Moore, others urge FDA to remove abortion pill from U.S. market
WASHINGTON (BP) -- Southern Baptist ethicist Russell Moore and more than 20 other pro-life leaders have called for the federal government to withdraw an abortion drug from the market because of its threat to women as well as unborn children.
Mifepristone -- often known as RU 486 and authorized by the FDA under President Clinton in 2000 -- not only is approved for killing unborn babies in the first 10 weeks of pregnancy but is "highly dangerous for women," the letter said. The pill "poses a four-times higher risk of complication" than first-trimester, surgical abortion, the pro-lifers said, citing information from the American Association of Pro-life Obstetricians and Gynecologists (AAPLOG).
"Yet, abortion industry advocates recklessly insist on the abortion pill's later-term use; its availability without a prescription, blood work, or ultrasound; and the total elimination of what little informed consent [the FDA's protocol] currently provides," the letter said.
Moore, president of the Ethics & Religious Liberty Commission (ERLC), said the FDA has "a responsibility to protect the American people from the marketing of dangerous drugs and products.

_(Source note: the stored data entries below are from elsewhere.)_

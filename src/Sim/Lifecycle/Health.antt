-- ===== src/Sim/Lifecycle/Health.antt =====
-- The state of the nodes of puls-engine/sim/lifecycle.cpp over the rounds of its main loop.
use puls_rfc.Prelude.{
  ℕ, zero, suc, ◌+◌, ◌-◌, ◌≤◌, ◌<◌, ◌≡◌, refl, ◌⊎◌, some, List, [], ◌∷◌, ◌++◌, arith, length,
  sum_by, All, All-append, length-append,
}
use puls_rfc.Double.{Double, IsOrdered}
use puls_rfc.OperatingPoint.{OperatingPoint}
use puls_rfc.RequestSource.{RequestSource}
use puls_rfc.Steering.Budget.{DepthsInRange}
use puls_rfc.Sim.Lifecycle.Prefill.{SimPrefill, prefill_batches, progress, hand_over}
use puls_rfc.Sim.Lifecycle.Decode.{Tally, Filling, decode_batches}
use puls_rfc.Sim.Lifecycle.Measure.{LifeNode, Sums, no_sums}
use puls_rfc.Sim.Lifecycle.Defs.{
  Samplers, sample_dtot, gated_sample, fresh_prefills, keep_prefills, life_round, serve_nodes,
}
use puls_rfc.Sim.Lifecycle.Loop.{Totals, life_loop}
use puls_rfc.Sim.Lifecycle.Disjoint.{
  IsOpen, IsFinished, prefill_batches-AreDisjoint, progress-le, length-progress, hand_over_lem,
}
use puls_rfc.Sim.Lifecycle.Balance.{total, decode_round-IsBalanced}

-- The prefill pool is full of unfinished requests, the finished ones wait beside it, and they wait
-- only while the decode pool is full.
pub record IsHealthy {W S : Type 0} (op : OperatingPoint W) (top : ℕ) (n : LifeNode S)
    : Type 0 where
  pub unfinished : All (IsOpen top) n.pf
  pub full : length n.pf ≡ op.prefill_pool
  pub finished : All IsFinished n.ready
  pub fits : length n.dec ≤ op.decode_pool
  pub backlog : (n.ready ≡ []) ⊎ (length n.dec ≡ op.decode_pool)

abbrev pub residents : {S : Type 0} → List (LifeNode S) → ℕ
residents nodes = sum_by (λ n. length n.dec) nodes

-- Every admission is resident or completed, and every completion has its class.
pub record IsTallied {S : Type 0} (nodes : List (LifeNode S)) (t : Tally) : Type 0 where
  pub admitted : total t.admit_cls ≡ residents nodes + t.completions
  pub completed : total t.comp_cls ≡ t.completions

module _ {W : Type 0} ⦃d : Double W⦄ {G : Type 0} (k : Samplers W G) (top : ℕ) where
  -- The repeated draw always comes to a length, a positive one up to `top`.
  abbrev pub IsSupplied : Type 0
  IsSupplied = (g : G) → (p : ℕ) × ((gated_sample k k.draws g).0 ≡ some p) × (0 < p) × (p ≤ top)

  fresh_prefills_lem :
      (n : ℕ) (pf : List SimPrefill) (g : G)
      → IsSupplied
      → All (IsOpen top) pf
      → (let pf' = (fresh_prefills k n pf g).0 in
          All (IsOpen top) pf' × (length pf' ≡ length pf + n))
  unfolding fresh_prefills
  fresh_prefills_lem zero pf g supplied h = (h, omega arith)
  fresh_prefills_lem (suc n) pf g supplied h =
      let (p, e, positive, small) = supplied g in
      let (dtot, g2) = sample_dtot k (gated_sample k k.draws g).1 in
      let q : SimPrefill = record { prompt = p; dtot = dtot; processed = 0; wait = 0 } in
      let (all, size) =
        fresh_prefills_lem n (pf ++ q ∷ []) g2 supplied
          (All-append (IsOpen top) pf (q ∷ []) h ((positive, small), tt)) in
      rw (e, fresh_prefills) (all, omega (arith, size, length-append pf (q ∷ [])))

  module _ (op : OperatingPoint W) (laws : IsOrdered W) {S : Type 0} (src : RequestSource W S) where
    -- What a node's round adds to the counters, beside what it does to the pool.
    abbrev Counts : LifeNode S → Tally → LifeNode S → Tally → Type 0
    Counts n t n' t' =
        (total t'.admit_cls + length n.dec + t.completions
          ≡ total t.admit_cls + length n'.dec + t'.completions)
        × (total t'.comp_cls + t.completions ≡ total t.comp_cls + t'.completions)

    life_round-IsHealthy :
        (n : LifeNode S) (t : Tally) (g : G) (r : Sums W)
        → DepthsInRange op top
        → IsSupplied
        → IsHealthy op top n
        → (let (n', t', g', r') = life_round k op src n t g r in
            IsHealthy op top n' × Counts n t n' t')
    unfolding life_round keep_prefills
    life_round-IsHealthy n t g r range supplied v =
        let (one, two) = prefill_batches op n.pf in
        let (disjoint, s1, s2) = prefill_batches-AreDisjoint op laws top n.pf range v.unfinished in
        let moved = progress one.chunks two.chunks n.pf in
        let h = hand_over moved n.ready in
        let (open_, done, size, fewer) =
          hand_over_lem top moved n.ready
            (progress-le top n.pf one.chunks two.chunks v.unfinished disjoint) v.finished in
        let f : Filling S = record { pool = n.dec; ready = h.1; source = n.source; tally = t } in
        let (b, filled) = decode_round-IsBalanced op src (decode_batches op n.dec).2 f v.fits in
        let (all, grown) = fresh_prefills_lem (op.prefill_pool - length h.0) h.0 g supplied open_ in
        (
          record {
            unfinished = all;
            full = omega (arith, grown, fewer, v.full, length-progress one.chunks two.chunks n.pf);
            finished = b.finished done;
            fits = filled.0;
            backlog = filled.1;
          },
          (b.admitted, b.completed),
        )

    abbrev Kept : List (LifeNode S) × Tally × G × Sums W → List (LifeNode S) → Tally → Type 0
    Kept (nodes', t', g', r') nodes t =
        All (IsHealthy op top) nodes'
        × (total t'.admit_cls + residents nodes + t.completions
            ≡ total t.admit_cls + residents nodes' + t'.completions)
        × (total t'.comp_cls + t.completions ≡ total t.comp_cls + t'.completions)

    serve_nodes-IsHealthy :
        (nodes : List (LifeNode S)) (t : Tally) (g : G) (r : Sums W)
        → DepthsInRange op top
        → IsSupplied
        → All (IsHealthy op top) nodes
        → Kept (serve_nodes k op src nodes t g r) nodes t
    unfolding serve_nodes
    serve_nodes-IsHealthy [] t g r range supplied v = (tt, refl, refl)
    serve_nodes-IsHealthy (n ∷ ns) t g r range supplied v =
        let (n', t1, g1, r1) = life_round k op src n t g r in
        let (v', (admitted, completed)) = life_round-IsHealthy n t g r range supplied v.0 in
        let (vs, more, rest) = serve_nodes-IsHealthy ns t1 g1 r1 range supplied v.1 in
        ((v', vs), omega (arith, admitted, more), omega (arith, completed, rest))

    -- Over any number of rounds of the main loop, from healthy nodes whose counters tally: every node
    -- keeps its prefill pool full of unfinished requests, has finished prefills wait only while its
    -- decode pool is full, and stays within `decode_pool`, and every admission is resident or completed.
    -- This is for a sampler that always comes to a positive length up to `top`, doubles in order, and
    -- every depth up to `top` in range of the prefill steering's first `best_dist`.
    pub life_loop-IsHealthy :
        (warm rounds it : ℕ) (nodes : List (LifeNode S)) (t : Tally) (g : G) (totals : Totals W)
        → DepthsInRange op top
        → IsSupplied
        → All (IsHealthy op top) nodes
        → IsTallied nodes t
        → (let (nodes', t', g', totals') = life_loop k op src warm rounds it nodes t g totals in
            All (IsHealthy op top) nodes' × IsTallied nodes' t')
    unfolding life_loop
    life_loop-IsHealthy warm zero it nodes t g totals range supplied v c = (v, c)
    life_loop-IsHealthy warm (suc rounds) it nodes t g totals range supplied v c =
        let (nodes', t', g', r) = serve_nodes k op src nodes t g no_sums in
        let (v', admitted, completed) = serve_nodes-IsHealthy nodes t g no_sums range supplied v in
        life_loop-IsHealthy warm rounds (it + 1) nodes' t' g' _ range supplied v' (record {
          admitted = omega (arith, admitted, c.admitted);
          completed = omega (arith, completed, c.completed);
        })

This pill is lethal to preborn children and also potentially perilous for their mothers too. The FDA should reject this drug, and we should all work to support children and their mothers in ways that affirm life, not violence."
At the end of 2018, the FDA reported 24 deaths, more than 1,000 hospitalizations and nearly 4,200 "adverse event" cases among women who have taken mifepristone for an abortion since 2000.

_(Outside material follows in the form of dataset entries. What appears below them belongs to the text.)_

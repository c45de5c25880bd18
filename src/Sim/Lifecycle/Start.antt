-- ===== src/Sim/Lifecycle/Start.antt =====
-- The cold start of all nodes of puls-engine/sim/lifecycle.cpp: each node has a source and a generator
-- of its own, and the prefill pools share one generator.
use puls_rfc.Prelude.{ℕ, List, [], ◌∷◌, length, replicate}
use puls_rfc.Double.{Double}
use puls_rfc.OperatingPoint.{OperatingPoint}
use puls_rfc.RequestSource.{RequestSource}
use puls_rfc.Cluster.{ClusterNode}
use puls_rfc.Sim.Lifecycle.Decode.{SimDecoder, Tally}
use puls_rfc.Sim.Lifecycle.Measure.{LifeNode}
use puls_rfc.Sim.Lifecycle.Defs.{Samplers}
use puls_rfc.Sim.Lifecycle.Loop.{Totals, cold_nodes, start_node, seed_prefills, life_loop}

abbrev pub no_tally : Tally
no_tally = record { transitions = 0; completions = 0; admit_cls = (0, 0, 0); comp_cls = (0, 0, 0) }

module _ {W : Type 0} ⦃d : Double W⦄ {G : Type 0} (k : Samplers W G) (op : OperatingPoint W)
    {S : Type 0} (src : RequestSource W S) where
  -- The decode pools, from the lengths placed on each node, with `dec_src[z]` and `node_rng[z]`.
  unfoldable pub start_decoders :
      List ClusterNode → List (S × G) → Tally → List (List SimDecoder × S) × Tally
  unfolding start_node
  start_decoders (nd ∷ nds) ((s, g) ∷ own) t =
      let (pool, s', g', t1) = start_node k op src nd s g t in
      let (pools, t2) = start_decoders nds own t1 in ((pool, s') ∷ pools, t2)
  start_decoders _ _ t = ([], t)

  unfoldable pub start_prefills : List (List SimDecoder × S) → G → List (LifeNode S) × G
  unfolding seed_prefills
  start_prefills [] g = ([], g)
  start_prefills ((dec, s) ∷ pools) g =
      let (pf, g1) = seed_prefills k op op.prefill_pool [] g in
      let (nodes, g2) = start_prefills pools g1 in
      (record { dec = dec; pf = pf; ready = []; source = s } ∷ nodes, g2)

  unfoldable pub start_nodes :
      (List ℕ → List ℕ) → List ℕ → List (S × G) → G → List (LifeNode S) × Tally × G
  unfolding cold_nodes start_decoders start_prefills
  start_nodes shuffle draw own g =
      let placed =
        cold_nodes k op src shuffle draw
          (replicate (length own) (record { lengths = []; total = 0 })) in
      let (pools, t) = start_decoders placed own no_tally in
      let (nodes, g') = start_prefills pools g in (nodes, t, g')

  -- The cold start and the rounds.
  unfoldable pub life :
      (List ℕ → List ℕ)
      → List ℕ
      → ℕ
      → ℕ
      → List (S × G)
      → G
      → Totals W
      → List (LifeNode S) × Tally × G × Totals W
  unfolding start_nodes life_loop
  life shuffle draw warm rounds own g totals =
      let (nodes, t, g') = start_nodes shuffle draw own g in
      life_loop k op src warm rounds 0 nodes t g' totals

In the letter, the pro-lifers said, "Adverse events are notoriously underreported to the FDA," and women who suffer harmful side effects "are likely to seek care at emergency rooms, not the abortion facilities where they received the pills." Emergency rooms are not required to report such effects, so "the true number of adverse events is impossible to assess," according to the letter.
The FDA approved a generic version of Mifeprex in 2019.
In addition to Moore, others signing the appeal to the FDA were Lila Rose, president of Live Action, which organized the letter; Donna Harrison, AAPLOG executive director; Carol Tobias, National Right to Life president; Franklin Graham, Samaritan's Purse president; Marjorie Dannenfelser, Susan B. Anthony List president; Catherine Glenn Foster, Americans United for Life president; Jeanne Mancini, March for Life president; and Roland Warren, Care Net president.
Mifepristone is part of a two-step process in what is referred to as a medical or chemical abortion. Mifepristone causes the lining of the uterus to release the embryonic child, resulting in his or her death. Misoprostol, a second drug taken later, causes the uterus to contract, expelling the embryo.
Federal Judge Theodore Chuang in Maryland ruled July 13 the FDA's requirement that a woman must receive mifepristone by means of a visit to a health-care facility is a "substantial obstacle" to her right to an abortion and likely unconstitutional during the pandemic, according to The Associated Press. His ruling means women can receive the abortion pill by mail or another form of delivery.
In their letter, the pro-life advocates encouraged FDA Commissioner Stephen Hahn to fight the "abortion industry's radical push to overturn" in the courts his agency's requirements for mifepristone. They also said they are encouraged by the FDA's determination to block the illegal trafficking of unapproved abortion drugs into the country and urged its ongoing effort.
The ERLC and other pro-life organizations worked to prevent the introduction of the abortion pill into the United States for more than a decade before the FDA gave its approval in 2000.
In a March 24 letter, Moore and more than 50 other pro-life leaders urged Alex Azar, secretary of the Department of Health and Human Services, to prevent the promotion of abortion during the COVID-19 pandemic.